### How to complete this task
Copy out every line from the records that includes "cases".

Collected data entries

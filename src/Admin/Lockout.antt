-- ===== src/Admin/Lockout.antt =====
-- What disabling a user does to the access of that user.
use perzforge.Prelude.{
  ℕ, ◌≡◌, ◌≢◌, refl, sym, ap, ◌∙◌, Bool, true, false, not, ◌||◌, ==_refl, Option, none, some, List,
  [], ◌∷◌, Text, find?-holds, find?, any, str_eq, ==_iff, arith, ◌==◌, Bool-cases, inl, inr,
}
use perzforge.Schema.{User, ApiKey, Scope, Db}
use perzforge.Http.{Result, ok, err}
use perzforge.Jobs.{Principal}
use perzforge.Auth.{
  Crypto, find_user, require_scopes, get_current_user, get_current_admin, authenticate_api_key,
  scopes_allowed_for_role, touching, touch_api_key_last_used, of_key,
}
use perzforge.Auth.Access.{require_scopes-admits}
use perzforge.Keys.{
  CreateApiKeyRequest, is_valid_request, generate_api_key, new_api_key, insert_key, create_api_key,
  is_key_of, revoke_found, revoke_api_key,
}
use perzforge.Admin.{disable_user, disable_found}
use perzforge.Keys.Lookup.{is_enabled}
use perzforge.Keys.Grants.{
  Request, create, withdraw, lock_out, present, Event, locked_out, event_if_ok, create_as,
  withdraw_as, lock_out_as, serve, serve_all,
}
use perzforge.Keys.Grants.Steps.{enabled-locked}

abbrev is_on : ℕ → Db → Bool
is_on user_id db = is_enabled (find_user user_id db)

-- The users are those of `db`.
abbrev SameUsers : Db → Event × Db → Type 0
SameUsers db m = m.1.users ≡ db.users

create_as-SameUsers :
    (c : Crypto) (now key_id : ℕ) (random : Text) (body : CreateApiKeyRequest)
    (caller : Result User) (db : Db)
    → SameUsers db (create_as c now key_id random body caller db)
unfolding create_api_key insert_key
create_as-SameUsers c now key_id random body (err e) db = refl
create_as-SameUsers c now key_id random body (ok user) db =
    elim (Bool-cases (is_valid_request body)) [
      | inr invalid ↦ rw invalid refl
      | inl valid ↦ rw valid (elim (Bool-cases (scopes_allowed_for_role user.role body.scopes)) [
        | inr exceeds ↦ rw exceeds refl
        | inl within ↦ rw within (
            let key = new_api_key c now key_id (generate_api_key random) body user in
            elim (Bool-cases
              (any (λ k. str_eq k.key_hash key.key_hash || k.id == key.id) db.api_keys)) [
                | inl taken ↦ rw taken refl
                | inr fresh ↦ rw fresh refl
              ])
      ])
    ]

revoke_found-SameUsers :
    (event : Event) (o : Option ApiKey) (db : Db)
    → SameUsers db (event_if_ok event (revoke_found o db))
revoke_found-SameUsers event none db = refl
revoke_found-SameUsers event (some key) db = refl

withdraw_as-SameUsers :
    (key_id : ℕ) (caller : Result User) (db : Db) → SameUsers db (withdraw_as key_id caller db)
unfolding revoke_api_key
withdraw_as-SameUsers key_id (err e) db = refl
withdraw_as-SameUsers key_id (ok user) db =
    revoke_found-SameUsers _ (find? (is_key_of key_id user) db.api_keys) db

touched-SameUsers :
    (now : ℕ) (o : Option ApiKey) (db : Db)
    → (let db' : Db = elim o [ none ↦ db | some key ↦ touch_api_key_last_used now key.id db ] in
        db'.users ≡ db.users)
unfolding touch_api_key_last_used
touched-SameUsers now none db = refl
touched-SameUsers now (some key) db = refl

touching-SameUsers :
    (now : ℕ) (r : Result Principal) (db : Db) → (touching now db r).1.users ≡ db.users
touching-SameUsers now (ok principal) db = touched-SameUsers now principal.api_key db
touching-SameUsers now (err e) db = refl

-- Disabling enables nobody, and its success disables the user.
disable_found-off :
    (user_id target : ℕ) (o : Option User) (db : Db)
    → is_on user_id db ≡ false
    → is_on user_id (event_if_ok (locked_out target) (disable_found target o db)).1 ≡ false
disable_found-off user_id target none db off = off
disable_found-off user_id target (some u) db off =
    enabled-locked target user_id db.users ∙ rw off refl

lock_out_as-off :
    (user_id target : ℕ) (caller : Result User) (db : Db)
    → is_on user_id db ≡ false
    → is_on user_id (lock_out_as target caller db).1 ≡ false
unfolding disable_user
lock_out_as-off user_id target (err e) db off = off
lock_out_as-off user_id target (ok admin) db off = elim (Bool-cases (target == admin.id)) [
  | inl self ↦ rw self off
  | inr other ↦ rw other (disable_found-off user_id target (find_user target db) db off)
]

same-off :
    (user_id : ℕ) {users users' : List User}
    → users' ≡ users
    → is_enabled (find? (λ u. u.id == user_id) users) ≡ false
    → is_enabled (find? (λ u. u.id == user_id) users') ≡ false
same-off user_id same off = ap (λ us. is_enabled (find? (λ u. u.id == user_id) us)) same ∙ off

serve-off :
    (c : Crypto) (user_id : ℕ) (r : Request) (db : Db)
    → is_on user_id db ≡ false
    → is_on user_id (serve c r db).1 ≡ false
unfolding serve authenticate_api_key
serve-off c user_id (create now credentials key_id random body) db off =
    same-off user_id
      (create_as-SameUsers c now key_id random body (get_current_user c now credentials db) db) off
serve-off c user_id (withdraw now credentials key_id) db off =
    same-off user_id (withdraw_as-SameUsers key_id (get_current_user c now credentials db) db) off
serve-off c user_id (lock_out now credentials target) db off =
    lock_out_as-off user_id target (get_current_admin c now credentials db) db off
serve-off c user_id (present now text) db off =
    same-off user_id
      (touching-SameUsers now
        (of_key now db (find? (λ k. str_eq k.key_hash (c.hash_token text)) db.api_keys)) db)
      off

serve_all-off :
    (c : Crypto) (user_id : ℕ) (rs : List Request) (db : Db)
    → is_on user_id db ≡ false
    → is_on user_id (serve_all c rs db).1 ≡ false
unfolding serve_all
serve_all-off c user_id [] db off = off
serve_all-off c user_id (r ∷ rs) db off =
    serve_all-off c user_id rs (serve c r db).1 (serve-off c user_id r db off)

disable_found-locks :
    (target : ℕ) (o : Option User) (db : Db)
    → (event_if_ok (locked_out target) (disable_found target o db)).0 ≡ locked_out target
    → is_on target (event_if_ok (locked_out target) (disable_found target o db)).1 ≡ false
disable_found-locks target none db e = cc
disable_found-locks target (some u) db e =
    enabled-locked target target db.users ∙ rw (==_refl target) (ground arith)

lock_out_as-locks :
    (target : ℕ) (caller : Result User) (db : Db)
    → (lock_out_as target caller db).0 ≡ locked_out target
    → is_on target (lock_out_as target caller db).1 ≡ false
unfolding disable_user
lock_out_as-locks target (err x) db = λ e. cc
lock_out_as-locks target (ok admin) db = elim (Bool-cases (target == admin.id)) [
  | inl self ↦ rw self (λ e. cc)
  | inr other ↦ rw other (disable_found-locks target (find_user target db) db)
]

-- Who is not enabled is not let in.
refused :
    (c : Crypto) (later : ℕ) (required : List Scope) (presented : Option Text) (db : Db)
    (principal : Principal)
    → (require_scopes c later required presented db).0 ≡ ok principal
    → is_on principal.user.id db ≡ true
refused c later required presented db principal h =
    let (((user_id, there), enabled, key), free, scopes) =
      require_scopes-admits c later required presented db principal h in
    let same =
      (==_iff principal.user.id user_id).0
        (find?-holds (λ u. u.id == user_id) db.users principal.user there) in
    ap is_enabled (ap (λ k. find_user k db) same ∙ there) ∙ ap not enabled

-- Once an administrator has disabled a user, nobody gets past `require_scopes` as that user,
-- whatever the credentials, a session or an API key, at any time, and after any requests of anybody
-- to create and revoke keys, to disable users and to authenticate.
pub serve_all-locks_out :
    (c : Crypto) (now later user_id : ℕ) (credentials presented : Option Text) (rs : List Request)
    (required : List Scope) (db : Db) (principal : Principal)
    → (serve c (lock_out now credentials user_id) db).0 ≡ locked_out user_id
    → (require_scopes c later required presented
        (serve_all c (lock_out now credentials user_id ∷ rs) db).1).0
      ≡ ok principal
    → principal.user.id ≢ user_id
unfolding serve serve_all
serve_all-locks_out c now later user_id credentials presented rs required db principal gone h same =
    let db₁ = (serve c (lock_out now credentials user_id) db).1 in
    let db₂ = (serve_all c rs db₁).1 in
    let off =
      serve_all-off c user_id rs db₁
        (lock_out_as-locks user_id (get_current_admin c now credentials db) db gone) in
    let on = refused c later required presented db₂ principal h in
    let on' = ap (λ k. is_on k db₂) (sym same) ∙ on in cc (off, on')
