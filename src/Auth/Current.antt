-- ===== src/Auth/Current.antt =====
-- Who gets past `get_current_user` of api/deps.py.
use perzforge.Prelude.{
  ℕ, ◌≡◌, ap, ◌∙◌, false, Option, none, some, Text, find?-holds, ==_iff, ◌==◌, Bool-cases, inl, inr,
}
use perzforge.Schema.{User, Db}
use perzforge.Http.{Result, ok, err, ◌>>=◌}
use perzforge.Jobs.{Principal}
use perzforge.RateLimit.Identity.{is_api_key_token}
use perzforge.Auth.{
  Crypto, find_user, authenticate_jwt, get_authenticated_user, get_current_user, user_of,
  reject_password_change_required,
}
use perzforge.Auth.Access.{IsAuthentic, Holds, Holds-ok, of_payload-Holds}

-- A user of the table who is not disabled.
abbrev pub IsCurrent : Db → User → Type 0
IsCurrent db user = (find_user user.id db ≡ some user) × (user.disabled ≡ false)

authentic-IsCurrent :
    (now : ℕ) (db : Db) (principal : Principal)
    → IsAuthentic now db principal
    → IsCurrent db principal.user
authentic-IsCurrent now db principal ((user_id, there), enabled, key) =
    let same =
      (==_iff principal.user.id user_id).0
        (find?-holds (λ u. u.id == user_id) db.users principal.user there) in
    (ap (λ k. find_user k db) same ∙ there, enabled)

session-Holds :
    (c : Crypto) (now : ℕ) (credentials : Option Text) (db : Db)
    → Holds (IsAuthentic now db) (get_authenticated_user c now credentials db)
unfolding get_authenticated_user authenticate_jwt
session-Holds c now none db = tt
session-Holds c now (some token) db = elim (Bool-cases (is_api_key_token token)) [
  | inl key ↦ rw key tt
  | inr session ↦ rw session (of_payload-Holds now db c (c.decode_access_token now token))
]

rejecting-Holds :
    (now : ℕ) (db : Db) (r : Result Principal)
    → Holds (IsAuthentic now db) r
    → Holds (IsCurrent db) (r >>= λ principal. user_of (reject_password_change_required principal))
rejecting-Holds now db (err e) h = tt
rejecting-Holds now db (ok principal) h = elim (Bool-cases principal.user.must_change_password) [
  | inl must ↦ rw must tt
  | inr free ↦ simp free (authentic-IsCurrent now db principal h)
]

pub get_current_user-IsCurrent :
    (c : Crypto) (now : ℕ) (credentials : Option Text) (db : Db) (user : User)
    → get_current_user c now credentials db ≡ ok user
    → IsCurrent db user
unfolding get_current_user
get_current_user-IsCurrent c now credentials db user e =
    Holds-ok (IsCurrent db) (get_current_user c now credentials db) user
      (rejecting-Holds now db (get_authenticated_user c now credentials db)
        (session-Holds c now credentials db))
      e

### Written response
  [], ◌∷◌, Text, find?-holds, find?, any, str_eq, ==_iff, arith, ◌==◌, Bool-cases, inl, inr,
    elim (Bool-cases (is_valid_request body)) [
      | inl valid ↦ rw valid (elim (Bool-cases (scopes_allowed_for_role user.role body.scopes)) [
            elim (Bool-cases
lock_out_as-off user_id target (ok admin) db off = elim (Bool-cases (target == admin.id)) [
lock_out_as-locks target (ok admin) db = elim (Bool-cases (target == admin.id)) [
  ℕ, ◌≡◌, ap, ◌∙◌, false, Option, none, some, Text, find?-holds, ==_iff, ◌==◌, Bool-cases, inl, inr,
session-Holds c now (some token) db = elim (Bool-cases (is_api_key_token token)) [
rejecting-Holds now db (ok principal) h = elim (Bool-cases principal.user.must_change_password) [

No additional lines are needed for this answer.